- _Dataset_:
--- START ---

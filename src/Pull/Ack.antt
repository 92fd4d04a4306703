-- ===== src/Pull/Ack.antt =====
-- src/pull.rs: which deliveries of a cycle are acknowledged.
use amail_bridge.Common.{
  ℕ, ◌-◌, ◌≡◌, refl, Bool, true, false, ◌||◌, Option, none, some, List, [], ◌∷◌, ◌++◌, arith, All,
  All-append, same, same_refl, ltb, Bool-cases, Option-cases, inl, inr, ◌⊎◌,
}
use amail_bridge.Std.Text.{Text}
use amail_bridge.Std.Dict
use amail_bridge.Std.Dict.{Dict, get-insert, contains_key-get}
use amail_bridge.Std.Int.{ℤ, int_eq}
use amail_bridge.Router.Route.{ProfileRoute, unwrap_or}
use amail_bridge.Router.Table.{Crates, lookup}
use amail_bridge.Push.Webhook.{delivered_by}
use amail_bridge.Pull.Forward.{
  Outside, BatchDelivery, PendingBatch, Progress, settle, forward_along, forward, check_seen,
  deliver, run_deliveries, run_batches, relay_headers, seen_ttl,
}

contains_key-insert :
    (j k : ℤ) (t : ℕ) (d : Dict ℤ ℕ)
    → Dict.contains_key j (Dict.insert k t d) ≡ same j k || Dict.contains_key j d
contains_key-insert j k t d =
    ground (arith, contains_key-get j (Dict.insert k t d), contains_key-get j d, get-insert j k t d)

-- Every identifier of a list is in the dedup map.
abbrev pub Remembered : Dict ℤ ℕ → List ℤ → Type 0
Remembered seen = All (λ id. Dict.contains_key id seen ≡ true)

Remembered-insert :
    (k : ℤ) (t : ℕ) (seen : Dict ℤ ℕ) (ids : List ℤ)
    → Remembered seen ids
    → Remembered (Dict.insert k t seen) ids
Remembered-insert k t seen [] h = tt
Remembered-insert k t seen (id ∷ ids) (h, hs) =
    (ground (arith, contains_key-insert id k t seen), Remembered-insert k t seen ids hs)

module _ (C : Crates) (O : Outside) where
  -- The acknowledged deliveries are all in the dedup map.
  abbrev pub Kept : Progress C O → Type 0
  Kept p = Remembered p.seen p.ack_ids

  settle-Kept :
      (d : BatchDelivery C O) (ok : Bool) (p : Progress C O) → Kept p → Kept (settle C O d ok p)
  unfolding settle
  settle-Kept d false p h = h
  settle-Kept d true p h =
      let now = (O.instant p.world).0 in
      All-append _ p.ack_ids _ (Remembered-insert d.id now p.seen p.ack_ids h)
        (ground (arith, contains_key-insert d.id d.id now p.seen, same_refl d.id), tt)

  forward_along-Kept :
      (body : Text) (d : BatchDelivery C O) (o : Option ProfileRoute) (p : Progress C O)
      → Kept p
      → Kept (forward_along C O body d o p)
  unfolding forward_along
  forward_along-Kept body d none p h = h
  forward_along-Kept body d (some route) p h = settle-Kept d _ _ h

  forward-Kept :
      (body : Text) (d : BatchDelivery C O) (p : Progress C O)
      → Kept p
      → Kept (forward C O body d p)
  unfolding forward
  forward-Kept body d p h = forward_along-Kept body d _ _ h

  check_seen-Kept :
      (body : Text) (d : BatchDelivery C O) (o : Option ℕ) (p : Progress C O)
      → Dict.get d.id p.seen ≡ o
      → Kept p
      → Kept (check_seen C O body d o p)
  check_seen-Kept body d none p e h = unfold check_seen in forward-Kept body d p h
  check_seen-Kept body d (some t) p e h =
      elim (Bool-cases (ltb ((O.instant p.world).0 - t) seen_ttl)) [
        | inl fresh ↦
            unfold check_seen in
            rw fresh (All-append _ p.ack_ids _ h (ground (arith, contains_key-get d.id p.seen), tt))
        | inr stale ↦ unfold check_seen in rw stale (forward-Kept body d _ h)
      ]

  deliver-Kept :
      (body : Text) (d : BatchDelivery C O) (p : Progress C O)
      → Kept p
      → Kept (deliver C O body d p)
  unfolding deliver
  deliver-Kept body d p h = check_seen-Kept body d (Dict.get d.id p.seen) p refl h

  run_deliveries-Kept :
      (body : Text) (ds : List (BatchDelivery C O)) (p : Progress C O)
      → Kept p
      → Kept (run_deliveries C O body ds p)
  unfolding run_deliveries
  run_deliveries-Kept body [] p h = h
  run_deliveries-Kept body (d ∷ ds) p h =
      run_deliveries-Kept body ds (deliver C O body d p) (deliver-Kept body d p h)

  pub run_batches-none :
      (b : PendingBatch C O) (bs : List (PendingBatch C O)) (p : Progress C O)
      → O.to_vec b.body ≡ none
      → run_batches C O (b ∷ bs) p ≡ (false, p)
  unfolding run_batches
  run_batches-none b bs p e = ground arith

  pub run_batches-some :
      (b : PendingBatch C O) (bs : List (PendingBatch C O)) (p : Progress C O) (body : Text)
      → O.to_vec b.body ≡ some body
      → run_batches C O (b ∷ bs) p ≡ run_batches C O bs (run_deliveries C O body b.deliveries p)
  unfolding run_batches
  run_batches-some b bs p body e = ground arith

  -- Through all batches of a cycle, whether they complete or stop early, every identifier that is
  -- to be acknowledged is in the dedup map, if that holds at the start (where none is).
  pub run_batches-Kept :
      (bs : List (PendingBatch C O)) (p : Progress C O) → Kept p → Kept (run_batches C O bs p).1
  run_batches-Kept [] p h = unfold run_batches in h
  run_batches-Kept (b ∷ bs) p h = elim (Option-cases (O.to_vec b.body)) [
    | inl e ↦ rw (run_batches-none b bs p e) h
    | inr (body, e) ↦
        rw (run_batches-some b bs p body e)
          (run_batches-Kept bs _ (run_deliveries-Kept body b.deliveries p h))
  ]

  -- Whether the dedup map has the delivery, younger than the time to live.
  unfoldable pub is_fresh : BatchDelivery C O → Progress C O → Bool
  is_fresh d p = elim (Dict.get d.id p.seen) [
    | none ↦ false
    | some t ↦ ltb ((O.instant p.world).0 - t) seen_ttl
  ]

  -- The world once the dedup entry, if there is one, has been compared with the clock.
  unfoldable pub world_at_send : BatchDelivery C O → Progress C O → O.World
  world_at_send d p = elim (Dict.get d.id p.seen) [
    | none ↦ p.world
    | some t ↦ (O.instant p.world).1
  ]

  -- Whether a route exists and the gateway at its end answers with a success.
  unfoldable pub is_taken : Text → BatchDelivery C O → Progress C O → Bool
  is_taken body d p = elim (lookup C d.email p.router).0 [
    | none ↦ false
    | some route ↦
        delivered_by
          (O.send route.target_url (relay_headers (unwrap_or [] (O.header_map d.headers))) body
            (world_at_send d p)).0
  ]

  -- A delivery is put on the list to acknowledge exactly when it was forwarded within the time to
  -- live, or its gateway takes it now; otherwise neither the dedup map nor the list changes.
  pub deliver_lem :
      (body : Text) (d : BatchDelivery C O) (p : Progress C O)
      → let p' = deliver C O body d p in
        (((is_fresh d p || is_taken body d p) ≡ true) × (p'.ack_ids ≡ p.ack_ids ++ (d.id ∷ [])))
        ⊎ (((is_fresh d p || is_taken body d p) ≡ false)
            × (p'.ack_ids ≡ p.ack_ids)
            × (p'.seen ≡ p.seen))
  unfolding deliver check_seen forward forward_along settle is_fresh is_taken world_at_send
  deliver_lem body d p = elim (Bool-cases (is_fresh d p || is_taken body d p)) [
    | inl e ↦ inl (e, ground arith)
    | inr e ↦ inr (e, ground arith, ground arith)
  ]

--- END ---

- _To do_:
Above are the records; from them, give again exactly the lines from the one containing "ℕ) (p : Progress C O)" to the one containing "run_batches-some b bs p body e = ground", both lines included, and nothing more.

- _Task output_:
      (body : Text) (d : BatchDelivery C O) (o : Option ℕ) (p : Progress C O)
      → Dict.get d.id p.seen ≡ o
      → Kept p
      → Kept (check_seen C O body d o p)
  check_seen-Kept body d none p e h = unfold check_seen in forward-Kept body d p h
  check_seen-Kept body d (some t) p e h =
      elim (Bool-cases (ltb ((O.instant p.world).0 - t) seen_ttl)) [
        | inl fresh ↦
            unfold check_seen in
            rw fresh (All-append _ p.ack_ids _ h (ground (arith, contains_key-get d.id p.seen), tt))
        | inr stale ↦ unfold check_seen in rw stale (forward-Kept body d _ h)
      ]

  deliver-Kept :
      (body : Text) (d : BatchDelivery C O) (p : Progress C O)
      → Kept p
      → Kept (deliver C O body d p)
  unfolding deliver
  deliver-Kept body d p h = check_seen-Kept body d (Dict.get d.id p.seen) p refl h

  run_deliveries-Kept :
      (body : Text) (ds : List (BatchDelivery C O)) (p : Progress C O)
      → Kept p
      → Kept (run_deliveries C O body ds p)
  unfolding run_deliveries
  run_deliveries-Kept body [] p h = h
  run_deliveries-Kept body (d ∷ ds) p h =
      run_deliveries-Kept body ds (deliver C O body d p) (deliver-Kept body d p h)

  pub run_batches-none :
      (b : PendingBatch C O) (bs : List (PendingBatch C O)) (p : Progress C O)
      → O.to_vec b.body ≡ none
      → run_batches C O (b ∷ bs) p ≡ (false, p)
  unfolding run_batches
  run_batches-none b bs p e = ground arith

  pub run_batches-some :
      (b : PendingBatch C O) (bs : List (PendingBatch C O)) (p : Progress C O) (body : Text)
      → O.to_vec b.body ≡ some body
      → run_batches C O (b ∷ bs) p ≡ run_batches C O bs (run_deliveries C O body b.deliveries p)
  unfolding run_batches
  run_batches-some b bs p body e = ground arith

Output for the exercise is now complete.